Eu conheci pessoalmente Lenine. Toda a gente sabe quem é Lenine. Conforme a perspectiva, é o herói ou facínora da revolução bolchevique. Revolucionário de profissão, adoentado e macilento, a pesar-lhe na consciência, logo em 1921, a primeira grande mortandade de milhões seres humanos à fome, ordenante da morte por enforcamento de camponeses, que ficaram dias pendurados nas árvores só para que se soubesse: não foi este o Lenine que eu conheci e de que fui amigo.

O meu Lenine era igualmente macilento, cabelo negríssimo, magro e esquinado. Se se abrisse a frincha de uma porta, o meu Lenine passaria, como uma fina sombra, por essa frincha. Deste deambulante Lenine, fui eu amigo como o advogado dono do escritório de um célebre conto de Melville foi amigo de Bartleby. E havia alguma coisa de Bartleby no meu Lenine. A mesma determinação subtil, inapelável e irrevogável.

O meu Lenine flanava com discreta elegância por Lisboa e todos os caminhos o levavam à Cinemateca. Era um cinéfilo obsessivo e silencioso, uma dessas sombras fílmicas que fogem da tela e circunvagam como zombies no planeta Terra. Que eu saiba, o meu Lenine nunca comeu e nem casa tinha, fundindo-se na noite, nas wee hours de Lisboa, quando as sessões de cinema acabavam.
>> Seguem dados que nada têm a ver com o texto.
-- ===== src/Lease.antt =====
-- The leases of selected groups: `activate_selection`, `heartbeat_selection`, `close_selection` and
-- `mark_selection_cleaned` of apps/market-core/src/prep_watchdeck_market/selected_store.py, on the
-- table `selected_group_leases` of apps/market-core/migrations/0004_selected_market.sql. A statement
-- that a constraint of the table refuses raises, and the transaction is rolled back.
pub mod Members
pub mod Ids
mod Rows
pub mod Slot
pub mod Refines
pub mod Cleaning
mod Tests
use prep_watchdeck.Prelude.{
  ℕ, ◌+◌, Bool, true, false, not, ◌&&◌, ◌||◌, String, Option, none, some, List, [], ◌∷◌, ◌++◌, map,
  leb, ltb, ◌==◌, if◌then◌else◌, Result, ok, err, ◌>>=◌, ◌>>◌, raise_if, any, all, count,
}
use prep_watchdeck.Time.{DateTime, is_utc_zone}
use prep_watchdeck.Text.{str_eq, is_blank}

-- a row of `selected_group_leases`
pub record SelectionLease : Type 0 where
  pub selection_id : ℕ
  pub group_id : String
  pub primary_version : ℕ
  pub activated_at : ℕ
  pub heartbeat_at : ℕ
  pub expires_at : ℕ
  pub superseded_at : Option ℕ
  pub cleanup_deadline_at : Option ℕ
  pub cleaned_at : Option ℕ

pub record SelectionTransition : Type 0 where
  pub current : SelectionLease
  pub previous : Option SelectionLease

-- `SELECTION_TTL` and `_CLEANUP_DEADLINE`, in microseconds
abbrev pub selection_ttl : ℕ
selection_ttl = 900000000

abbrev pub cleanup_deadline : ℕ
cleanup_deadline = 10000000

pub data LeaseFault : Type 0 where
  -- `ValueError`
  not_utc empty_group : LeaseFault
  -- `InvalidSelectionError`
  unbounded_lease changed_identity bad_primary : LeaseFault
  -- `SelectedStoreError`, by the constraint that refused: the primary key, the index that admits one
  -- active lease, or a CHECK
  duplicate_id second_active bad_row : LeaseFault

abbrev pub is_active : SelectionLease → Bool
is_active l = elim l.superseded_at [ none ↦ true | some at ↦ false ]

abbrev pub has_id : ℕ → SelectionLease → Bool
has_id id l = l.selection_id == id

-- `cleaned_at` is NULL, or lies between the other two; a CHECK that is NULL passes
abbrev pub is_clean_range : Option ℕ → ℕ → ℕ → Bool
is_clean_range none superseded deadline = true
is_clean_range (some cleaned) superseded deadline = leb superseded cleaned && leb cleaned deadline

abbrev pub is_end_valid : ℕ → Option ℕ → Option ℕ → Option ℕ → Bool
is_end_valid activated none none none = true
is_end_valid activated none none (some cleaned) = false
is_end_valid activated none (some deadline) cleaned = false
is_end_valid activated (some superseded) none none = leb activated superseded
is_end_valid activated (some superseded) none (some cleaned) = false
is_end_valid activated (some superseded) (some deadline) cleaned =
    leb activated superseded
    && leb superseded deadline
    && is_clean_range cleaned superseded deadline

-- the CHECKs of the table
unfoldable pub is_row_valid : SelectionLease → Bool
is_row_valid l =
    leb l.activated_at l.heartbeat_at
    && ltb l.heartbeat_at l.expires_at
    && is_end_valid l.activated_at l.superseded_at l.cleanup_deadline_at l.cleaned_at

-- UPDATE … SET … WHERE: the table and the row count. A new row that a CHECK refuses raises.
unfoldable pub update_rows :
    (SelectionLease → Bool)
    → (SelectionLease → SelectionLease)
    → List SelectionLease
    → List SelectionLease
update_rows chosen change [] = []
update_rows chosen change (l ∷ leases) =
    (if chosen l then change l else l) ∷ update_rows chosen change leases

unfoldable pub update :
    (SelectionLease → Bool)
    → (SelectionLease → SelectionLease)
    → List SelectionLease
    → Result LeaseFault (List SelectionLease × ℕ)
unfolding update_rows is_row_valid
update chosen change leases = do
  raise_if (any (λ l. chosen l && not (is_row_valid (change l))) leases) bad_row
  ok (update_rows chosen change leases, count chosen leases)

-- INSERT INTO selected_group_leases, of an active row
unfoldable pub insert :
    SelectionLease → List SelectionLease → Result LeaseFault (List SelectionLease)
unfolding is_row_valid
insert new leases = do
  raise_if (not (is_row_valid new)) bad_row
  raise_if (any (has_id new.selection_id) leases) duplicate_id
  raise_if (any is_active leases) second_active
  ok (leases ++ new ∷ [])

-- SELECT … WHERE superseded_at IS NULL
unfoldable pub active_row : List SelectionLease → Option SelectionLease
active_row [] = none
active_row (l ∷ leases) = let rest = active_row leases in if is_active l then some l else rest

unfoldable pub active_lease : ℕ → String → ℕ → ℕ → ℕ → SelectionLease
active_lease id group primary activated expires = record {
  selection_id = id;
  group_id = group;
  primary_version = primary;
  activated_at = activated;
  heartbeat_at = activated;
  expires_at = expires;
  superseded_at = none;
  cleanup_deadline_at = none;
  cleaned_at = none;
}

abbrev pub extend : ℕ → ℕ → SelectionLease → SelectionLease
extend heartbeat expires l = record l { heartbeat_at = heartbeat; expires_at = expires }

abbrev pub supersede : ℕ → SelectionLease → SelectionLease
supersede at l = record l {
  superseded_at = some at;
  cleanup_deadline_at = some (at + cleanup_deadline);
}

abbrev pub close_row : ℕ → SelectionLease → SelectionLease
close_row at l = record l {
  superseded_at = some at;
  cleanup_deadline_at = some (at + cleanup_deadline);
  cleaned_at = some at;
}

-- what the caller is told of the lease that was replaced
abbrev pub superseded_lease : ℕ → SelectionLease → SelectionLease
superseded_lease at l = record (supersede at l) { cleaned_at = none }

-- the active lease has the id already: its times are moved on
unfoldable pub reactivate :
    SelectionLease
    → SelectionLease
    → List SelectionLease
    → Result LeaseFault (SelectionTransition × List SelectionLease)
unfolding update
reactivate current new leases = do
  raise_if
      (not (str_eq current.group_id new.group_id)
        || not (current.primary_version == new.primary_version))
      changed_identity
  (leases', n) ← update (has_id new.selection_id) (extend new.activated_at new.expires_at) leases
  ok (record { current = new; previous = none }, leases')

-- another lease is active: it is superseded, and the new one inserted
unfoldable pub replace_active :
    SelectionLease
    → SelectionLease
    → List SelectionLease
    → Result LeaseFault (SelectionTransition × List SelectionLease)
unfolding update insert
replace_active old new leases = do
  (superseded, n) ← update (has_id old.selection_id) (supersede new.activated_at) leases
  inserted ← insert new superseded
  ok (record { current = new; previous = some (superseded_lease new.activated_at old) }, inserted)

unfoldable pub activate_row :
    Option SelectionLease
    → SelectionLease
    → List SelectionLease
    → Result LeaseFault (SelectionTransition × List SelectionLease)
unfolding reactivate replace_active insert
activate_row none new leases = do
  inserted ← insert new leases
  ok (record { current = new; previous = none }, inserted)
activate_row (some a) new leases =
    if has_id new.selection_id a then reactivate a new leases else replace_active a new leases

abbrev pub require_utc : DateTime → Result LeaseFault Unit
require_utc value = raise_if (not (is_utc_zone value.zone)) not_utc

abbrev pub expiry : DateTime → Option DateTime → DateTime
expiry activated none = record activated { instant = activated.instant + selection_ttl }
expiry activated (some expires) = expires

abbrev pub found : Option ℕ → Result LeaseFault ℕ
found none = err bad_primary
found (some version) = ok version

-- `primary` is what `_selected_primary_version` finds
unfoldable pub activate_selection :
    ℕ
    → String
    → Option ℕ
    → DateTime
    → Option DateTime
    → List SelectionLease
    → Result LeaseFault (SelectionTransition × List SelectionLease)
unfolding activate_row active_row active_lease
activate_selection id group primary activated expires leases = do
  require_utc activated
  require_utc (expiry activated expires)
  let end = (expiry activated expires).instant
  raise_if (not (ltb activated.instant end && leb end (activated.instant + selection_ttl)))
      unbounded_lease
  raise_if (is_blank group) empty_group
  version ← found primary
  activate_row (active_row leases) (active_lease id group version activated.instant end) leases

unfoldable pub heartbeat_selection :
    ℕ → DateTime → List SelectionLease → Result LeaseFault (Bool × List SelectionLease)
unfolding update
heartbeat_selection id at leases = do
  require_utc at
  (leases', n) ←
      update (λ l. has_id id l && is_active l && leb l.heartbeat_at at.instant)
        (extend at.instant (at.instant + selection_ttl)) leases
  ok (n == 1, leases')

unfoldable pub close_selection :
    ℕ → DateTime → List SelectionLease → Result LeaseFault (Bool × List SelectionLease)
unfolding update
close_selection id at leases = do
  require_utc at
  (leases', n) ← update (λ l. has_id id l && is_active l) (close_row at.instant) leases
  ok (n == 1, leases')

abbrev pub is_uncleaned_by : ℕ → Option ℕ → Option ℕ → Bool
is_uncleaned_by at none cleaned = false
is_uncleaned_by at (some superseded) none = leb superseded at
is_uncleaned_by at (some superseded) (some cleaned) = false

unfoldable pub mark_selection_cleaned :
    ℕ → DateTime → List SelectionLease → Result LeaseFault (Bool × List SelectionLease)
unfolding update
mark_selection_cleaned id at leases = do
  require_utc at
  (leases', n) ←
      update (λ l. has_id id l && is_uncleaned_by at.instant l.superseded_at l.cleaned_at)
        (λ l. record l { cleaned_at = some at.instant }) leases
  ok (n == 1, leases')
À deambulação solitária, juntava uma nobre pobreza franciscana. Um trivial saco plástico com antiquíssimas revistas de cinema, algumas folhas amarrotadas de papel, uma amarelada biografia de James Dean, que anotou, confiando-ma para que eu escrevesse sobre os filmes do fatídico actor. Viajáramos juntos, de metro, da Gulbenkian para a Cinemateca, e decidiu que eu era amigo dele.

Confesso, essa amizade foi das mais poéticas honras que tive na Cinemateca. É que, Lenine era implacável a detectar erros. Uma data, o nome de uma actriz gralhado, e ele aparecia do nada, com um suave desdém a iluminar-lhe a palidez, desancando com a negligente certeza de um Bartleby o programador da Cinemateca que errara. Um dia, já eu estava na SIC, os meus ex-colegas da Cinemateca recuperaram um cartaz do filme “Vendaval Maravilhoso”, de que Amália foi a fulgurante estrela. O filme é de Leitão de Barros, o que todos os meus colegas estavam carecas de saber. Mas, por um daqueles terríveis erros de simpatia, na legenda garrafal do cartaz escreveu-se, “um filme de Leitão Ramos”, confundindo o conhecido crítico da nossa praça com o realizador.

Erro de cabo de esquadra, do nada Lenine corporizou-se ao lado do cartaz e quando passou o primeiro programador da Cinemateca, com um pingo de doce desdém, só disse, “Vocês…”, e fazendo a exacta suspensão que Samuel Beckett exigia dos actores às suas reticências, rematou “nem isto”! A forma como virou as costas, o seu andar recto de ponto de exclamação, eram ainda a mais acerba crítica que um cinéfilo poderia ouvir.

Um dia, Lenine morreu. A Antónia Fonseca, cujo parentesco comigo adivinham, soube. Era e é um quadro da Cinemateca, obsessiva adepta de Bogart e do falecido doutor Cunhal. Era director da Cinemateca, o João Bénard. A Antónia irrompe-lhe pelo gabinete e grita: “João, João, morreu o Lenine!” O João, conhecedor da rubra linha política da Antónia, responde-lhe, sarcástico, com um “Haja Deus, Antónia, morreu e já morreu há muito tempo”. “Não foi o meu Lenine, foi o nosso Lenine que morreu”, cortou, com shakespeariana aflição, a Antónia. E a Cinemateca fez luto.

Chamava-se Lenine, era um pálido raio de filme que desceu à terra e cedo, muito cedo, voltou às luzes e sombras que se projectam na escura caverna chamada cinema.